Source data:
--------------------------------------------------

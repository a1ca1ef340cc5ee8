-- ===== src/Contract/Routing/Guarded.antt =====
-- internal/contract/status.go: what a protected namespace has.
use molebridge.Base.{
  ℕ, true, false, not, ◌&&◌, ◌||◌, ◌≡◌, refl, inl, inr, Option, some, Option-cases, List, [], ◌∷◌,
  ◌==◌, keep, map, sym, ◌∙◌, arith, Bool-cases,
}
use molebridge.Rtnl.Addr.{Family, v4, v6, Addr}
use molebridge.Rtnl.Route.{IfAddr, Link, Snapshot, link, global, routes_in_table}
use molebridge.Contract.Spec.{Spec}
use molebridge.Contract.Routing.{
  Sole, no_addr, several, one_addr, sole_addr, opt_addr, RoutingOptions, routing_status, status_of,
  is_several,
}
use molebridge.Contract.Status.{only, family_status}

-- The global addresses of one interface.
abbrev pub globals_of : ℕ → List IfAddr → List IfAddr
globals_of i as' = keep (λ a. a.index == i && global a) as'

abbrev pub addrs_on : ℕ → List IfAddr → List Addr
addrs_on i as' = map (λ a. a.local.addr) (globals_of i as')

-- What the loop makes of a list of addresses.
abbrev classify : List Addr → Sole
classify [] = no_addr
classify (a ∷ []) = one_addr a
classify (a ∷ b ∷ as') = several

several_stays : (i : ℕ) (as' : List IfAddr) → sole_addr i as' several ≡ several
unfolding sole_addr
several_stays i [] = refl
several_stays i (a ∷ as') = elim (Bool-cases (not (a.index == i) || not (global a))) [
  | inl e ↦ rw e (several_stays i as')
  | inr e ↦ rw e (several_stays i as')
]

one_then :
    (i : ℕ) (as' : List IfAddr) (b : Addr)
    → sole_addr i as' (one_addr b) ≡ classify (b ∷ addrs_on i as')
unfolding sole_addr
one_then i [] b = refl
one_then i (a ∷ as') b = elim (Bool-cases (a.index == i && global a)) [
  | inl e ↦
      let k : (not (a.index == i) || not (global a)) ≡ false = ground arith in
      rw (e, k) (several_stays i as')
  | inr e ↦
      let k : (not (a.index == i) || not (global a)) ≡ true = ground arith in
      rw (e, k) (one_then i as' b)
]

sole_addr-classify :
    (i : ℕ) (as' : List IfAddr) → sole_addr i as' no_addr ≡ classify (addrs_on i as')
unfolding sole_addr
sole_addr-classify i [] = refl
sole_addr-classify i (a ∷ as') = elim (Bool-cases (a.index == i && global a)) [
  | inl e ↦
      let k : (not (a.index == i) || not (global a)) ≡ false = ground arith in
      rw (e, k) (one_then i as' a.local.addr)
  | inr e ↦
      let k : (not (a.index == i) || not (global a)) ≡ true = ground arith in
      rw (e, k) (sole_addr-classify i as')
]

only-classify :
    (as' : List Addr) → is_several (classify as') ≡ false → as' ≡ only (opt_addr (classify as'))
only-classify [] h = refl
only-classify (a ∷ []) h = refl
only-classify (a ∷ b ∷ as') h = absurd (cc)

-- The tunnel interface of a protected namespace, and its family's address.
pub record Guarded (s : Spec) (snap : Snapshot) (f : Family) : Type 0 where
  pub exit : Link
  pub address : Option Addr
  pub exit_found : link snap s.config.exit_if ≡ some exit
  pub sole : addrs_on exit.index (snap.addrs f) ≡ only address
  pub ready :
      (family_status s f (snap.rules f) (routes_in_table snap f s.config.table) (record {
        tunnel_address = address;
        no_tunnel_route = false;
        exit_if_index = exit.index;
      })).0
      ≡ true

guarded :
    (s : Spec) (snap : Snapshot) (f : Family) (l : Link) (a : Sole)
    → link snap s.config.exit_if ≡ some l
    → sole_addr l.index (snap.addrs f) no_addr ≡ a
    → is_several a ≡ false
    → (status_of s snap l a f).0 ≡ true
    → Guarded s snap f
guarded s snap f l a e d n h =
    let c = sym (sole_addr-classify l.index (snap.addrs f)) ∙ d in
    record {
      exit = l;
      address = opt_addr a;
      exit_found = e;
      sole = rw (← c) (only-classify (addrs_on l.index (snap.addrs f)) (rw c n));
      ready = h;
    }

-- A protected namespace has its tunnel interface with at most one global address of each family,
-- and each family is ready with exactly that address.
pub routing_status-Guarded :
    (s : Spec) (snap : Snapshot) (opt : RoutingOptions) (f : Family)
    → (routing_status s snap opt).0 ≡ true
    → Guarded s snap f
unfolding routing_status
routing_status-Guarded s snap opt f h = elim (Option-cases (link snap s.config.exit_if)) [
  | inl e ↦ absurd (let k = rw e at h in ground arith)
  | inr (l, e) ↦
      let k = rw e at h in
      elim f as (λ g. Guarded s snap g) [
        | v4 ↦ guarded s snap v4 l _ e refl (ground arith) (ground arith)
        | v6 ↦ guarded s snap v6 l _ e refl (ground arith) (ground arith)
      ]
]
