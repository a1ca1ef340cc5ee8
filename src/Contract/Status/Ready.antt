-- ===== src/Contract/Status/Ready.antt =====
-- internal/contract/status.go against diff.go and routes.go: ready families and the repair.
use mathlib.Core.List.{Memᴰ}
use molebridge.Base.{
  ℕ, true, false, not, ◌&&◌, ◌||◌, ◌≡◌, refl, ap, sym, ◌∙◌, inl, inr, Option, List, [], ◌∷◌, ◌==◌,
  all, keep, is_some, All, All-Mem, All-append, Bool-cases, arith,
}
use molebridge.Rtnl.Addr.{Family, Addr}
use molebridge.Rtnl.Rule.{Rule, iif_detached, oif_detached}
use molebridge.Rtnl.Route.{Route}
use molebridge.Contract.Spec.{Spec, owned, skipped, rules}
use molebridge.Contract.Diff.{
  Action, del, DiffOptions, Wanted, unmatched, mark, hits, expected_at, Scan, remove, judge, scan,
  start, additions, left_from, left_add, moved, missing, order_of, diff, leftover_copy,
}
use molebridge.Contract.Routes.{
  TunnelMode, RouteAction, del_route, is_fallback, is_tunnel_route, allowed, required, Sift,
  sift_step, sift, sift_start, exit_table_actions,
}
use molebridge.Contract.Status.{
  StatusOptions, exact_rule, status_spec, claim, Census, check_rule, check_rules, rules_status,
  RouteCensus, check_route, check_routes, no_routes, family_status,
}

-- A detached rule is claimed by no entry; for any other rule the two comparisons agree.
claim-mark :
    (r : Rule) (ws : List Wanted)
    → (iif_detached r || oif_detached r) ≡ false
    → claim r ws ≡ mark r ws
unfolding claim mark exact_rule
claim-mark r [] h = refl
claim-mark r (w ∷ ws) h = elim (Bool-cases (hits r w)) [
  | inl e ↦ ground arith
  | inr e ↦ let k = claim-mark r ws h in ground arith
]

claim_detached :
    (r : Rule) (ws : List Wanted)
    → (iif_detached r || oif_detached r) ≡ true
    → (claim r ws).1 ≡ false
unfolding claim exact_rule
claim_detached r [] h = refl
claim_detached r (w ∷ ws) h = let k = claim_detached r ws h in ground arith

claim_hit : (r : Rule) (ws : List Wanted) → (claim r ws).1 ≡ true → claim r ws ≡ mark r ws
claim_hit r ws h = elim (Bool-cases (iif_detached r || oif_detached r)) [
  | inl e ↦ absurd (let k = claim_detached r ws e in cc)
  | inr e ↦ claim-mark r ws e
]

-- A rule that is kept stands at a priority of an expected rule.
mark-expected_at :
    (a : Rule) (ws : List Wanted) → (mark a ws).1 ≡ true → expected_at a.priority ws ≡ true
unfolding mark expected_at
mark-expected_at a [] h = absurd (cc)
mark-expected_at a (w ∷ ws) h = elim (Bool-cases (hits a w)) [
  | inl e ↦ ground arith
  | inr e ↦ let h' = rw e at h in let k = mark-expected_at a ws h' in ground arith
]

rules_ok-check_rules :
    (s : Spec) (c : Census) (rs : List Rule)
    → (check_rules s c rs).rules_ok ≡ true
    → c.rules_ok ≡ true
unfolding check_rules check_rule
rules_ok-check_rules s c [] h = h
rules_ok-check_rules s c (r ∷ rs) h =
    let k = rules_ok-check_rules s (check_rule s c r) rs h in ground arith

-- Where the Spec leaves nothing to a transaction, no rule is left.
left_from_none :
    (s : Spec) (f : Family) (rs : List Rule)
    → ((p : ℕ) → skipped s f p ≡ false)
    → left_from s f [] rs ≡ []
unfolding left_from
left_from_none s f [] h = refl
left_from_none s f (r ∷ rs) h =
    let k : left_add s f [] (moved s f r) ≡ [] =
      unfold left_add in rw (h (moved s f r).priority) refl in
    rw k (left_from_none s f rs h)

missing_none :
    (opt : DiffOptions) (p : ℕ) (ws : List Wanted)
    → all (λ w. w.matched) ws ≡ true
    → keep (missing opt p) ws ≡ []
unfolding missing
missing_none opt p [] h = refl
missing_none opt p (w ∷ ws) h = let k = missing_none opt p ws (ground arith) in ground arith

additions_none_missing :
    (opt : DiffOptions) (ps : List ℕ) (ws : List Wanted)
    → all (λ w. w.matched) ws ≡ true
    → additions opt ps ws ≡ []
unfolding additions
additions_none_missing opt [] ws h = refl
additions_none_missing opt (p ∷ ps) ws h =
    rw (missing_none opt p ws h) (additions_none_missing opt ps ws h)

-- A removal of a copy at a priority that the contract does not own.
abbrev pub IsStray : Spec → Action → Type 0
IsStray s a = (a.kind ≡ del) × (owned s a.priority ≡ false)

module _ (s : Spec) (f : Family) (unskipped : (p : ℕ) → skipped s f p ≡ false) where
  -- One rule that the status accepts: the repair marks the same entry and removes no owned rule.
  judge_in_step :
      (st : Scan) (c : Census) (r : Rule)
      → st.wanted ≡ c.found
      → All (IsStray s) st.removals
      → (check_rule s c r).rules_ok ≡ true
      → ((judge s f [] st r).wanted ≡ (check_rule s c r).found)
        × All (IsStray s) (judge s f [] st r).removals
  unfolding check_rule judge
  judge_in_step st c r e b h = elim (Bool-cases (owned s r.priority)) [
    | inr o ↦ rw o (elim (Bool-cases (leftover_copy s (rules s f) r)) [
      | inl l ↦ rw l (unfold remove in (e, All-append (IsStray s) st.removals _ b ((refl, o), tt)))
      | inr l ↦ rw l (e, b)
    ])
    | inl o ↦
        let hit : (claim r c.found).1 ≡ true = ground arith in
        let same_mark = claim_hit r c.found hit in
        let kept : (mark r st.wanted).1 ≡ true = rw e (ap (λ x. x.1) (sym same_mark) ∙ hit) in
        let here = mark-expected_at r st.wanted kept in
        rw (o, unskipped r.priority, here, kept) (rw e (ap (λ x. x.0) (sym same_mark)), b)
  ]

  scan_in_step :
      (st : Scan) (c : Census) (rs : List Rule)
      → st.wanted ≡ c.found
      → All (IsStray s) st.removals
      → (check_rules s c rs).rules_ok ≡ true
      → ((scan s f [] st rs).wanted ≡ (check_rules s c rs).found)
        × All (IsStray s) (scan s f [] st rs).removals
  unfolding check_rules scan
  scan_in_step st c [] e b h = (e, b)
  scan_in_step st c (r ∷ rs) e b h =
      let k = rules_ok-check_rules s (check_rule s c r) rs h in
      let (e', b') = judge_in_step st c r e b k in
      scan_in_step (judge s f [] st r) (check_rule s c r) rs e' b' h

  rules_status-IsStray :
      (rs : List Rule) (opt : DiffOptions)
      → rules_status s f rs ≡ true
      → All (IsStray s) (diff s f rs opt)
  unfolding rules_status diff
  rules_status-IsStray rs opt h =
      let c = check_rules s (record { found = unmatched (rules s f); rules_ok = true }) rs in
      let l : left_from s f [] rs ≡ [] = left_from_none s f rs unskipped in
      let (e, b) =
        scan_in_step (start (rules s f)) (record { found = unmatched (rules s f); rules_ok = true })
          rs refl tt (ground arith) in
      let full : all (λ w. w.matched) c.found ≡ true = ground arith in
      let adds =
        additions_none_missing opt (order_of s) (scan s f [] (start (rules s f)) rs).wanted
          (rw e full) in
      rw (l, adds) b

status_spec_unskipped :
    (s : Spec) (f : Family) (a : Option Addr) (p : ℕ) → skipped (status_spec s f a) f p ≡ false
unfolding skipped
status_spec_unskipped s f a p = ground arith

-- What the loop over the routes of the exit table finds, and the repair's own loop.
sift-check_routes :
    (i : ℕ) (mode : TunnelMode) (st : Sift) (c : RouteCensus) (rs : List Route)
    → (c.fallback ≡ true → st.fallback ≡ true)
    → (allowed mode ≡ true → c.tunnel_default ≡ true → st.found ≡ true)
    → ((check_routes i c rs).fallback ≡ true → (sift i mode st rs).fallback ≡ true)
      × (allowed mode ≡ true
          → (check_routes i c rs).tunnel_default ≡ true
          → (sift i mode st rs).found ≡ true)
unfolding check_routes sift
sift-check_routes i mode st c [] h k = (h, k)
sift-check_routes i mode st c (r ∷ rs) h k =
    sift-check_routes i mode (sift_step i mode st r) (check_route i c r) rs
      (unfold sift_step check_route in λ e. ground arith)
      (unfold sift_step check_route in λ m e. ground arith)

abbrev pub IsRemoval : RouteAction → Type 0
IsRemoval a = a.kind ≡ del_route

sift_step-IsRemoval :
    (i : ℕ) (mode : TunnelMode) (st : Sift) (r : Route)
    → All IsRemoval st.del
    → All IsRemoval (sift_step i mode st r).del
unfolding sift_step
sift_step-IsRemoval i mode st r h = elim (Bool-cases (is_fallback r && not st.fallback)) [
  | inl e ↦ rw e h
  | inr e ↦ rw e (elim (Bool-cases (is_tunnel_route r i && (allowed mode && not st.found))) [
    | inl e' ↦ rw e' h
    | inr e' ↦ rw e' (All-append IsRemoval st.del _ h (refl, tt))
  ])
]

sift-IsRemoval :
    (i : ℕ) (mode : TunnelMode) (st : Sift) (rs : List Route)
    → All IsRemoval st.del
    → All IsRemoval (sift i mode st rs).del
unfolding sift
sift-IsRemoval i mode st [] h = h
sift-IsRemoval i mode st (r ∷ rs) h =
    sift-IsRemoval i mode (sift_step i mode st r) rs (sift_step-IsRemoval i mode st r h)

-- A family that the status calls ready needs no rule: all that the comparison of the same rules
-- with the same Spec may still do is remove copies at priorities that the contract does not own.
pub family_status-diff :
    (s : Spec) (f : Family) (rs : List Rule) (routes : List Route) (opt : StatusOptions)
    (d : DiffOptions) (a : Action)
    → (family_status s f rs routes opt).0 ≡ true
    → Memᴰ a (diff (status_spec s f opt.tunnel_address) f rs d)
    → IsStray (status_spec s f opt.tunnel_address) a
unfolding family_status
family_status-diff s f rs routes opt d a h m =
    let s' = status_spec s f opt.tunnel_address in
    All-Mem (IsStray s')
      (rules_status-IsStray s' f (status_spec_unskipped s f opt.tunnel_address) rs d (ground arith))
      m

-- The exit table of a ready family needs no route: with an address on the tunnel and no leave for
-- its route to be missing, the repair of the same routes adds nothing, whether the tunnel route is
-- required or only allowed.
pub family_status-exit_table_actions :
    (s : Spec) (f : Family) (rs : List Rule) (routes : List Route) (opt : StatusOptions) (table : ℕ)
    (mode : TunnelMode) (a : RouteAction)
    → (family_status s f rs routes opt).0 ≡ true
    → is_some opt.tunnel_address ≡ true
    → opt.no_tunnel_route ≡ false
    → allowed mode ≡ true
    → Memᴰ a (exit_table_actions routes f table opt.exit_if_index mode)
    → IsRemoval a
unfolding family_status exit_table_actions
family_status-exit_table_actions s f rs routes opt table mode a h t n al m =
    let i = opt.exit_if_index in
    let (fb, td) =
      sift-check_routes i mode sift_start no_routes routes (λ e. absurd (cc))
        (λ q e. absurd (cc)) in
    let e1 : (sift i mode sift_start routes).fallback ≡ true = fb (ground arith) in
    let e2 : (sift i mode sift_start routes).found ≡ true = td al (ground arith) in
    let e3 : (required mode && (not true && not (i == 0))) ≡ false = ground arith in
    All-Mem IsRemoval (sift-IsRemoval i mode sift_start routes tt) (rw (e1, e2, e3) at m)
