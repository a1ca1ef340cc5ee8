-- ===== src/Contract/Status/Transition.antt =====
-- internal/contract/status.go: what a gluetun node holds while its tunnel is being replaced.
use mathlib.Core.List.{Memᴰ}
use molebridge.Base.{
  true, false, not, ◌≡◌, sym, ◌⊎◌, inl, inr, none, some, some_inj, List, [], ◌∷◌, ◌==◌, keep,
  Bool-cases, Option-cases, arith,
}
use molebridge.Rtnl.Addr.{Family, Addr}
use molebridge.Rtnl.Rule.{Rule}
use molebridge.Rtnl.Route.{Route}
use molebridge.Contract.Spec.{Spec, prio_return_path}
use molebridge.Contract.Diff.{DiffOptions, Action, diff}
use molebridge.Contract.Status.Ready.{IsStray, family_status-diff}
use molebridge.Contract.Status.{
  TransitionOptions, adjust, allowed_addrs, is_path_of, hit_of, paths_ok, contains_addr,
  status_spec, family_status, gluetun_transition_status,
}

hit_of-path :
    (s : Spec) (f : Family) (r : Rule) (as' : List Addr) (a : Addr)
    → hit_of s f r as' ≡ some a
    → (is_path_of s f r a ≡ true) × Memᴰ a as'
unfolding hit_of
hit_of-path s f r [] a h = cc
hit_of-path s f r (b ∷ as') a h = elim (Option-cases (hit_of s f r as')) [
  | inl e ↦ elim (Bool-cases (is_path_of s f r b)) [
    | inl p ↦
        let k = rw (e, hit_of, p) at h in
        let q : b ≡ a = some_inj b a k in (rw (← q) p, Memᴰ.head (sym q))
    | inr p ↦ let k = rw (e, hit_of, p) at h in cc
  ]
  | inr (c, e) ↦
      let k = rw (e, hit_of) at h in
      let q : c ≡ a = some_inj c a k in
      let (path, m) = hit_of-path s f r as' c e in (rw (← q) path, Memᴰ.tail (rw (← q) m))
]

-- No address is among those before it.
abbrev pub Apart : List Addr → List Addr → Type 0
Apart before [] = Unit
Apart before (a ∷ as') = (contains_addr before a ≡ false) × Apart (a ∷ before) as'

module _ (s : Spec) (f : Family) (allowed : List Addr) where
  -- Each rule is exactly that of its address, which is an allowed one.
  abbrev pub PathsOf : List Rule → List Addr → Type 0
  PathsOf [] [] = Unit
  PathsOf (r ∷ rs) (a ∷ as') = (is_path_of s f r a ≡ true) × Memᴰ a allowed × PathsOf rs as'
  PathsOf _ _ = ⊥

  paths_ok-PathsOf :
      (matched : List Addr) (rs : List Rule)
      → paths_ok s f allowed matched rs ≡ true
      → (as' : List Addr) × PathsOf rs as' × Apart matched as'
  unfolding paths_ok
  paths_ok-PathsOf matched [] h = ([], tt, tt)
  paths_ok-PathsOf matched (r ∷ rs) h = elim (Option-cases (hit_of s f r allowed)) [
    | inl e ↦ absurd (let k = rw (e, paths_ok) at h in cc)
    | inr (a, e) ↦ elim (Bool-cases (contains_addr matched a)) [
      | inl c ↦ absurd (let k = rw (e, paths_ok, c) at h in cc)
      | inr c ↦
          let (as', paths, apart) = paths_ok-PathsOf (a ∷ matched) rs (rw (e, paths_ok, c) at h) in
          let (path, m) = hit_of-path s f r allowed a e in (a ∷ as', (path, m, paths), (c, apart))
    ]
  ]

-- What a transition that is judged safe, of a family that is not ready, has.
pub record Switching (s : Spec) (f : Family) (rs : List Rule) (opt : TransitionOptions)
    : Type 0 where
  pub paths : List Addr
  pub exact :
      PathsOf s f
        (allowed_addrs opt.previous_address opt.tunnel_address)
        (keep (λ r. r.priority == prio_return_path) rs)
        paths
  pub once : Apart [] paths
  pub others :
      (d : DiffOptions) (a : Action)
      → Memᴰ a (diff (status_spec s f none) f (adjust opt.interface_present rs) d)
      → IsStray (status_spec s f none) a

-- A transition is judged safe only of a family that is ready, or whose return-path rules are each
-- exactly that of the previous or of the current address, each address at most once, while for the
-- other rules, without the marks of detachment that an absent tunnel explains, the comparison with
-- the Spec that has no return path asks for nothing but the removal of copies at priorities not
-- owned.
pub gluetun_transition_status_safe :
    (s : Spec) (f : Family) (rs : List Rule) (routes : List Route) (opt : TransitionOptions)
    → (gluetun_transition_status s f rs routes opt).0 ≡ true
    → ((gluetun_transition_status s f rs routes opt).1 ≡ true) ⊎ Switching s f rs opt
unfolding gluetun_transition_status
gluetun_transition_status_safe s f rs routes opt h =
    let allowed = allowed_addrs opt.previous_address opt.tunnel_address in
    let paths = keep (λ r. r.priority == prio_return_path) rs in
    elim (Bool-cases
      (family_status s f rs routes (record {
        tunnel_address = opt.tunnel_address;
        no_tunnel_route = not opt.interface_up;
        exit_if_index = opt.exit_if_index;
      })).0) [
        | inl e ↦ inl (ground arith)
        | inr e ↦
            let ok : paths_ok s f allowed [] paths ≡ true = ground arith in
            let (as', exact, once) = paths_ok-PathsOf s f allowed [] paths ok in
            inr (record {
              paths = as';
              exact = exact;
              once = once;
              others = λ d a m.
                  family_status-diff s f (adjust opt.interface_present rs) routes
                    (record {
                      tunnel_address = none;
                      no_tunnel_route = false;
                      exit_if_index = opt.exit_if_index;
                    })
                    d a (ground arith) m;
            })
      ]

--------------------------------------------------

▸ WORK REQUEST: Beginning with the line that holds "let ok : paths_ok", please return every line through the end of the data, exactly as written.

▸ RESULT OF THIS EXERCISE:
            let ok : paths_ok s f allowed [] paths ≡ true = ground arith in
            let (as', exact, once) = paths_ok-PathsOf s f allowed [] paths ok in
            inr (record {
              paths = as';
              exact = exact;
              once = once;
              others = λ d a m.
                  family_status-diff s f (adjust opt.interface_present rs) routes
                    (record {
                      tunnel_address = none;
                      no_tunnel_route = false;
                      exit_if_index = opt.exit_if_index;
                    })
                    d a (ground arith) m;
            })
      ]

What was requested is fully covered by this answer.